• Exercise details:
Search the entries for the line containing "db = 100 ∷ []". Repeat it, then every line after it, exactly through the final line.

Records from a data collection

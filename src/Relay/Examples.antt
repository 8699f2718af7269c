-- ===== src/Relay/Examples.antt =====
-- The theorems on the relays at short sequences.
use veyport.Base.{Option, any, ℕ, ◌*◌, ◌≡◌, ◌≢◌, refl, false, none, List, [], ◌∷◌, arith}
use veyport.Base.Int.{pos, ◌+ℤ◌}
use veyport.Base.Text.{Text}
use veyport.Base.Time.{Instant, second}
use veyport.Relay.Keys.{eq_text_iff, make_key}
use veyport.Relay.Heartbeats
use veyport.Relay.Heartbeats.{
  HeartbeatCoalescer, record_heartbeat, record_heartbeat-run, writes_of, is_within, all_within,
}
use veyport.Relay.Totp
use veyport.Relay.Totp.{Codes, check_and_mark, check_and_mark-run, is_during, all_during}
use veyport.Relay.Logs.Ledger
use veyport.Relay.Logs.Ledger.{Accounted, run-Accounted}

abbrev web : Text
web = 119 ∷ []

abbrev db : Text
db = 100 ∷ []

abbrev waiting : List (Text × Option ℕ)
waiting = (make_key db (49 ∷ []), none) ∷ []

web-db : web ≢ db
web-db e = ground (arith, eq_text_iff web db)

abbrev at : ℕ → Instant
at n = pos (n * second)

abbrev coalescer : HeartbeatCoalescer
coalescer = record { interval = at 30; last_written = []; writes = [] }

abbrev beats : List Heartbeats.Op
beats =
    Heartbeats.beat web (at 110) ∷ Heartbeats.beat db (at 111) ∷ Heartbeats.beat web (at 129) ∷ []

abbrev checks : List Totp.Op
checks =
    Totp.check db (49 ∷ 50 ∷ []) (at 120) (at 120)
    ∷ Totp.use_code web (51 ∷ []) (at 180) (at 181)
    ∷ []

check_and_mark-run_example :
    let codes' = Totp.run checks (check_and_mark web (49 ∷ 50 ∷ []) (at 100) (at 101) []).1 in
    check_and_mark web (49 ∷ 50 ∷ []) (at 185) (at 185) codes' ≡ (false, codes')
unfolding check_and_mark all_during is_during any ◌+ℤ◌
check_and_mark-run_example =
    check_and_mark-run web (49 ∷ 50 ∷ []) (at 100) (at 101) (at 185) (at 185) checks [] refl
      (omega arith) refl

abbrev events : List Ledger.Event
events = Ledger.chunk (1 ∷ []) ∷ Ledger.take ∷ Ledger.chunk (2 ∷ []) ∷ Ledger.drain ∷ []

run-Accounted_example :
    Accounted
      (make_key web (49 ∷ []))
      (Ledger.run web (49 ∷ []) events (Ledger.start web (49 ∷ []) []))
run-Accounted_example = run-Accounted web (49 ∷ []) events [] (omega arith)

• Solution to the exercise:
db = 100 ∷ []

abbrev waiting : List (Text × Option ℕ)
waiting = (make_key db (49 ∷ []), none) ∷ []

web-db : web ≢ db
web-db e = ground (arith, eq_text_iff web db)

abbrev at : ℕ → Instant
at n = pos (n * second)

abbrev coalescer : HeartbeatCoalescer
coalescer = record { interval = at 30; last_written = []; writes = [] }

abbrev beats : List Heartbeats.Op
beats =
    Heartbeats.beat web (at 110) ∷ Heartbeats.beat db (at 111) ∷ Heartbeats.beat web (at 129) ∷ []

abbrev checks : List Totp.Op
checks =
    Totp.check db (49 ∷ 50 ∷ []) (at 120) (at 120)
    ∷ Totp.use_code web (51 ∷ []) (at 180) (at 181)
    ∷ []

check_and_mark-run_example :
    let codes' = Totp.run checks (check_and_mark web (49 ∷ 50 ∷ []) (at 100) (at 101) []).1 in
    check_and_mark web (49 ∷ 50 ∷ []) (at 185) (at 185) codes' ≡ (false, codes')
unfolding check_and_mark all_during is_during any ◌+ℤ◌
check_and_mark-run_example =
    check_and_mark-run web (49 ∷ 50 ∷ []) (at 100) (at 101) (at 185) (at 185) checks [] refl
      (omega arith) refl

abbrev events : List Ledger.Event
events = Ledger.chunk (1 ∷ []) ∷ Ledger.take ∷ Ledger.chunk (2 ∷ []) ∷ Ledger.drain ∷ []

run-Accounted_example :
    Accounted
      (make_key web (49 ∷ []))
      (Ledger.run web (49 ∷ []) events (Ledger.start web (49 ∷ []) []))
run-Accounted_example = run-Accounted web (49 ∷ []) events [] (omega arith)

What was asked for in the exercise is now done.